Work order »
Below are entries; output exactly the lines from the one with "-- ===== src/HttpCache/Create.antt" to the one with "-- whether the function goes on.", both included, and nothing else.

Input for this task »
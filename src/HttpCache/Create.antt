-- ===== src/HttpCache/Create.antt =====
-- createFile: the file of a name, whose directories are made where they are missing.
use poplar.Prelude.{
  ℕ, zero, suc, ◌+◌, ◌-◌, Bool, true, false, not, ◌||◌, List, [], ◌∷◌, ◌++◌, take, ltb, leb, ◌==◌,
}
use poplar.Prelude.Int.{ℤ, pos, negsuc}
use poplar.Run.{Run, ok, load, store, memcpy, ◌>>=◌}

-- What open() answers: a descriptor, or -1 with errno ENOENT or another.
pub data Opened : Type 0 where
  opened : ℕ → Opened
  no_entry other : Opened

-- What mkdir() answers: 0, or -1 with errno EEXIST or another.
pub data Made : Type 0 where
  made exists refused : Made

-- The system calls of one run.
pub record Calls : Type 0 where
  pub open_new : Opened
  pub mkdir : List ℕ → Made
  pub open_again : Opened

-- `while(name[n] != '/' && name[n] != '\0' && n < 512) n++;`, where the number is `512 - n`.
unfoldable pub scan : ℕ → List ℕ → ℕ → Run ℕ
unfolding load
scan zero name n = load name n >>= λ c. ok n
scan (suc k) name n =
    load name n >>= λ c. elim ((c == 47) || (c == 0)) [ true ↦ ok n | false ↦ scan k name (n + 1) ]

-- `buf` with the chars of the name up to the place `n`, and a NUL.
unfoldable pub prefix : List ℕ → List ℕ → ℕ → Run (List ℕ)
unfolding memcpy store
prefix buf name n = memcpy buf 0 name (n + 1) >>= λ b. store b (n + 1) 0

-- The loop, where the number is at least `1024 - n`: the directories that mkdir() was called on, and
-- whether the function goes on.
unfoldable pub make_dirs :
    ℕ → (List ℕ → Made) → List ℕ → List ℕ → ℕ → List (List ℕ) → Run (List (List ℕ) × Bool)
unfolding load scan prefix
make_dirs zero mkdir buf name n dirs = load name n >>= λ c. ok (dirs, true)
make_dirs (suc k) mkdir buf name n dirs = load name n >>= λ c. elim ((c == 0) || leb 1024 n) [
  | true ↦ ok (dirs, true)
  | false ↦ scan (512 - n) name n >>= λ m. load name m >>= λ d. elim (not (d == 47) || leb 1024 m) [
    | true ↦ ok (dirs, true)
    | false ↦ prefix buf name m >>= λ b. elim (mkdir (take (m + 1) b)) [
      | refused ↦ ok (dirs ++ take (m + 1) b ∷ [], false)
      | _ ↦ make_dirs k mkdir b name (m + 1) (dirs ++ take (m + 1) b ∷ [])
    ]
  ]
]

abbrev pub descriptor : Opened → ℤ
descriptor (opened fd) = pos fd
descriptor _ = negsuc 0

-- createFile behind its test of the name.
unfoldable pub open_or_make : Calls → List ℕ → List ℕ → ℕ → Run (ℤ × List (List ℕ))
unfolding make_dirs
open_or_make calls buf name n = elim calls.open_new [
  | opened fd ↦ ok (pos fd, [])
  | other ↦ ok (negsuc 0, [])
  | no_entry ↦ make_dirs (1024 - n) calls.mkdir buf name n [] >>= λ r. elim r.1 [
    | false ↦ ok (negsuc 0, r.0)
    | true ↦ ok (descriptor calls.open_again, r.0)
  ]
]

-- `if(name[path_start] == '/') path_start++;`
unfoldable pub skip_slash : List ℕ → ℕ → Run ℕ
unfolding load
skip_slash name path_start = load name path_start >>= λ c. elim (c == 47) [
  | true ↦ ok (path_start + 1)
  | false ↦ ok path_start
]

-- `buf` is the local array; the result has the directories that mkdir() was called on.
unfoldable pub create_file : Calls → List ℕ → List ℕ → ℕ → Run (ℤ × List (List ℕ))
unfolding load skip_slash open_or_make
create_file calls buf name path_start = skip_slash name path_start >>= λ p. elim (ltb p 2) [
  | true ↦ ok (negsuc 0, [])
  | false ↦ load name (p - 1) >>= λ c. elim (c == 47) [
    | false ↦ ok (negsuc 0, [])
    | true ↦ open_or_make calls buf name p
  ]
]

Result below »
-- ===== src/HttpCache/Create.antt =====
-- createFile: the file of a name, whose directories are made where they are missing.
use poplar.Prelude.{
  ℕ, zero, suc, ◌+◌, ◌-◌, Bool, true, false, not, ◌||◌, List, [], ◌∷◌, ◌++◌, take, ltb, leb, ◌==◌,
}
use poplar.Prelude.Int.{ℤ, pos, negsuc}
use poplar.Run.{Run, ok, load, store, memcpy, ◌>>=◌}

-- What open() answers: a descriptor, or -1 with errno ENOENT or another.
pub data Opened : Type 0 where
  opened : ℕ → Opened
  no_entry other : Opened

-- What mkdir() answers: 0, or -1 with errno EEXIST or another.
pub data Made : Type 0 where
  made exists refused : Made

-- The system calls of one run.
pub record Calls : Type 0 where
  pub open_new : Opened
  pub mkdir : List ℕ → Made
  pub open_again : Opened

-- `while(name[n] != '/' && name[n] != '\0' && n < 512) n++;`, where the number is `512 - n`.
unfoldable pub scan : ℕ → List ℕ → ℕ → Run ℕ
unfolding load
scan zero name n = load name n >>= λ c. ok n
scan (suc k) name n =
    load name n >>= λ c. elim ((c == 47) || (c == 0)) [ true ↦ ok n | false ↦ scan k name (n + 1) ]

-- `buf` with the chars of the name up to the place `n`, and a NUL.
unfoldable pub prefix : List ℕ → List ℕ → ℕ → Run (List ℕ)
unfolding memcpy store
prefix buf name n = memcpy buf 0 name (n + 1) >>= λ b. store b (n + 1) 0

-- The loop, where the number is at least `1024 - n`: the directories that mkdir() was called on, and
-- whether the function goes on.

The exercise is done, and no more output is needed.